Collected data
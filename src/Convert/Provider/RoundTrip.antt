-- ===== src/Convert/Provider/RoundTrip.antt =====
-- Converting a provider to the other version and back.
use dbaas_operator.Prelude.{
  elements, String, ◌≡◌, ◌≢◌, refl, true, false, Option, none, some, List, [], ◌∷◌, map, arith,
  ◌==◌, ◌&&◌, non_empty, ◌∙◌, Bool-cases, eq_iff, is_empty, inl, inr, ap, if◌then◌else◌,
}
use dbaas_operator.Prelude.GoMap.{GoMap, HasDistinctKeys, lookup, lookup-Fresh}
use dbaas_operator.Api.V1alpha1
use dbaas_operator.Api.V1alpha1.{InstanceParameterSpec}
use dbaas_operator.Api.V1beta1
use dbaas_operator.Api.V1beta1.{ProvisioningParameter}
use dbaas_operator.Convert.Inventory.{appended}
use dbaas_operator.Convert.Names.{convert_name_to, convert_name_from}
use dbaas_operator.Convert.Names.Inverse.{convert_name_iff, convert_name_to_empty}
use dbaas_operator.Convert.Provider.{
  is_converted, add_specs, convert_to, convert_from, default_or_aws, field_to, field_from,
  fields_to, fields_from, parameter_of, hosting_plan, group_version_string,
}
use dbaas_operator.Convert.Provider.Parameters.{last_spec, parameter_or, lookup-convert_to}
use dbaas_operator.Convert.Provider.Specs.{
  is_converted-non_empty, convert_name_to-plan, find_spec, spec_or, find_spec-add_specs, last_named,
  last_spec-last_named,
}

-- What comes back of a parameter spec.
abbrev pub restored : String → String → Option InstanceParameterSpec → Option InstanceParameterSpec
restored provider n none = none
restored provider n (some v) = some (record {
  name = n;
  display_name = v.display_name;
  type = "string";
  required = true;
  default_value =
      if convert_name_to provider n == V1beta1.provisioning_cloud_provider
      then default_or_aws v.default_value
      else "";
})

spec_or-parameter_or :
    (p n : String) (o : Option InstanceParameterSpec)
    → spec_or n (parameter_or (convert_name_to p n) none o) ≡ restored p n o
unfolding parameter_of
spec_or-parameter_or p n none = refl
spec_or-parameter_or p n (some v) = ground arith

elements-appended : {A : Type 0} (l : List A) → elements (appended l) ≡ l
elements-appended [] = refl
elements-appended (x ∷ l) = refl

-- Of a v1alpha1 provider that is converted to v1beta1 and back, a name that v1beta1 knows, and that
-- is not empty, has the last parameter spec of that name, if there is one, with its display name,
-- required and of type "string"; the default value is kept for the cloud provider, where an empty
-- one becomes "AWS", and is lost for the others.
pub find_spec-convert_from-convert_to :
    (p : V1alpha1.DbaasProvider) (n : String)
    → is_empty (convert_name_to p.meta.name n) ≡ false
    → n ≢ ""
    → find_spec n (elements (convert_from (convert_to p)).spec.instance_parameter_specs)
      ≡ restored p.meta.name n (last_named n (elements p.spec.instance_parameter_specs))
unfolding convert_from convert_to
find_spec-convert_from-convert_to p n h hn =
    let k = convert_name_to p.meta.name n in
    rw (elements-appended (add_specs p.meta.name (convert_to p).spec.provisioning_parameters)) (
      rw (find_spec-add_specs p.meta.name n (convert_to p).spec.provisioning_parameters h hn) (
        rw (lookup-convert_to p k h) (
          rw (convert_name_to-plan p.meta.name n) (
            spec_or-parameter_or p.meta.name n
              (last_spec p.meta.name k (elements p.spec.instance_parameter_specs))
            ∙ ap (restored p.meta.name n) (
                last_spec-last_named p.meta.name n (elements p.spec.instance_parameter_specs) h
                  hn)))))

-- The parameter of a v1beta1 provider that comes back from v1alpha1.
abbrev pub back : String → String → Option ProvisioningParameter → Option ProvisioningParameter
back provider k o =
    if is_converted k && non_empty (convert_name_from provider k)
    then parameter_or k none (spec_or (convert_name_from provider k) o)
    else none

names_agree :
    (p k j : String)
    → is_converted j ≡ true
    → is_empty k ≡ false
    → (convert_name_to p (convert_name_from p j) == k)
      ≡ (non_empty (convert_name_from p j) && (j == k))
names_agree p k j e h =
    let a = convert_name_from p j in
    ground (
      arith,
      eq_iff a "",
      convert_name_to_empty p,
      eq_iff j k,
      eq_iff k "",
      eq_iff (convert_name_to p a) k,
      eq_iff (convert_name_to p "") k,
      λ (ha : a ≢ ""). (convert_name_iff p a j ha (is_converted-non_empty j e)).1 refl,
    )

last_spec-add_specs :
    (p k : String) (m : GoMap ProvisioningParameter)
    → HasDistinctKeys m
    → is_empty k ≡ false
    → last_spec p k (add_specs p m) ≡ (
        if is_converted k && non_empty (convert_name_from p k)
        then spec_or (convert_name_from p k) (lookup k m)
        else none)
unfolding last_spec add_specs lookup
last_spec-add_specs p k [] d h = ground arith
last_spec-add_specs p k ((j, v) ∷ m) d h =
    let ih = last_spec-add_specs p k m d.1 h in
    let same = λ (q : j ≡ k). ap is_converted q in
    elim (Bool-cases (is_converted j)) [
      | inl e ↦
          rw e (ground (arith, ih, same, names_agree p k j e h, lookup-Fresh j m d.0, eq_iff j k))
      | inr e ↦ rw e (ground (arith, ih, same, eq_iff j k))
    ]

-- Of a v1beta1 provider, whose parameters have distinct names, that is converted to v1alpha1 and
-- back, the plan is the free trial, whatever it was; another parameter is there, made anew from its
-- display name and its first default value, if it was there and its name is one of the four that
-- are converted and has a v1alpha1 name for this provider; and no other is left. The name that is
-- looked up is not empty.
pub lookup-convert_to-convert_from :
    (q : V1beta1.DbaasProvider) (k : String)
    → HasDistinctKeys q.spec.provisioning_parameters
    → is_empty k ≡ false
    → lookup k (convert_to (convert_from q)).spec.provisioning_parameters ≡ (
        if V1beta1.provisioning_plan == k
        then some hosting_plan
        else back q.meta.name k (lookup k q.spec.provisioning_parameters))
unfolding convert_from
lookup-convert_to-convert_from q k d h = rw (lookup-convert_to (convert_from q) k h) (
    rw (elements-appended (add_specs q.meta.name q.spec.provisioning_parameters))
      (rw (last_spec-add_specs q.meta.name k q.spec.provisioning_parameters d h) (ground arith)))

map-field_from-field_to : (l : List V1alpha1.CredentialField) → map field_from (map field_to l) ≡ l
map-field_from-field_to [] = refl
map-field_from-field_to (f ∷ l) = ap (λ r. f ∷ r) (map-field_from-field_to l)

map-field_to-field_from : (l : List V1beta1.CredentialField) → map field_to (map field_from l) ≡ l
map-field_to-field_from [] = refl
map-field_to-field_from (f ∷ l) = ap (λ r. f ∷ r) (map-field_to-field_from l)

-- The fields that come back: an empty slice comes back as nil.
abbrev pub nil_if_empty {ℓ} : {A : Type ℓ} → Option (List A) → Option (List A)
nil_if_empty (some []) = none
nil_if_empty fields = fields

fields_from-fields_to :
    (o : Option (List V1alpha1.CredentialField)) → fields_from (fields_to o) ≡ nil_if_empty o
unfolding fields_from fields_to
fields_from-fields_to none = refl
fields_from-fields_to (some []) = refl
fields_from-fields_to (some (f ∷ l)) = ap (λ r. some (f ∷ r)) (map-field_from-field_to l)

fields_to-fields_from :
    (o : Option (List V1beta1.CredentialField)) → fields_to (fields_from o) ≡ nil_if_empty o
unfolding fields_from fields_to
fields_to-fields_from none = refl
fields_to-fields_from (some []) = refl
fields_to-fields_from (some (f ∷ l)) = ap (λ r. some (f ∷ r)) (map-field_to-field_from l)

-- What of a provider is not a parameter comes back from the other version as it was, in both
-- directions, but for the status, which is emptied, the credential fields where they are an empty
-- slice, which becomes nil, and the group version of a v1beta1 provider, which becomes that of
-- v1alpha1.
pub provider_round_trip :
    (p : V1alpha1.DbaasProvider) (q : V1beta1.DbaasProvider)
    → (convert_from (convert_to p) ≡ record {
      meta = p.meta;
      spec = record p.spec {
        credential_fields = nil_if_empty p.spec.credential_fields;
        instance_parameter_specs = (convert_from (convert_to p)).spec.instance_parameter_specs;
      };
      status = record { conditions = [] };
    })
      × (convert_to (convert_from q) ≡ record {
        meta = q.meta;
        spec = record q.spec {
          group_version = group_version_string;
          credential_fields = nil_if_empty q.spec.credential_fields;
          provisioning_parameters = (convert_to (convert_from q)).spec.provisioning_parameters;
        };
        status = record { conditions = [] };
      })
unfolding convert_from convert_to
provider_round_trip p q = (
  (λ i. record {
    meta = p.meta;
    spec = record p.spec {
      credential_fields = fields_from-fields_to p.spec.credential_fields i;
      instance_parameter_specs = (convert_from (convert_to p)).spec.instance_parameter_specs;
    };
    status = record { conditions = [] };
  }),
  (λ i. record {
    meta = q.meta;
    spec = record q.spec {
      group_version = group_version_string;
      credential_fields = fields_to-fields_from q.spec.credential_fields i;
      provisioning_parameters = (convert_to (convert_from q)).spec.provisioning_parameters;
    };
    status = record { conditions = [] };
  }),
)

- _Try it_:
From the opening line of the data above through the line holding "-- What comes back of a parameter spec.", give every line again exactly as it stands.

- _Solution to this exercise_:
filename src/Convert/Provider/RoundTrip.antt
-- ===== src/Convert/Provider/RoundTrip.antt =====
-- Converting a provider to the other version and back.
use dbaas_operator.Prelude.{
  elements, String, ◌≡◌, ◌≢◌, refl, true, false, Option, none, some, List, [], ◌∷◌, map, arith,
  ◌==◌, ◌&&◌, non_empty, ◌∙◌, Bool-cases, eq_iff, is_empty, inl, inr, ap, if◌then◌else◌,
}
use dbaas_operator.Prelude.GoMap.{GoMap, HasDistinctKeys, lookup, lookup-Fresh}
use dbaas_operator.Api.V1alpha1
use dbaas_operator.Api.V1alpha1.{InstanceParameterSpec}
use dbaas_operator.Api.V1beta1
use dbaas_operator.Api.V1beta1.{ProvisioningParameter}
use dbaas_operator.Convert.Inventory.{appended}
use dbaas_operator.Convert.Names.{convert_name_to, convert_name_from}
use dbaas_operator.Convert.Names.Inverse.{convert_name_iff, convert_name_to_empty}
use dbaas_operator.Convert.Provider.{
  is_converted, add_specs, convert_to, convert_from, default_or_aws, field_to, field_from,
  fields_to, fields_from, parameter_of, hosting_plan, group_version_string,
}
use dbaas_operator.Convert.Provider.Parameters.{last_spec, parameter_or, lookup-convert_to}
use dbaas_operator.Convert.Provider.Specs.{
  is_converted-non_empty, convert_name_to-plan, find_spec, spec_or, find_spec-add_specs, last_named,
  last_spec-last_named,
}

-- What comes back of a parameter spec.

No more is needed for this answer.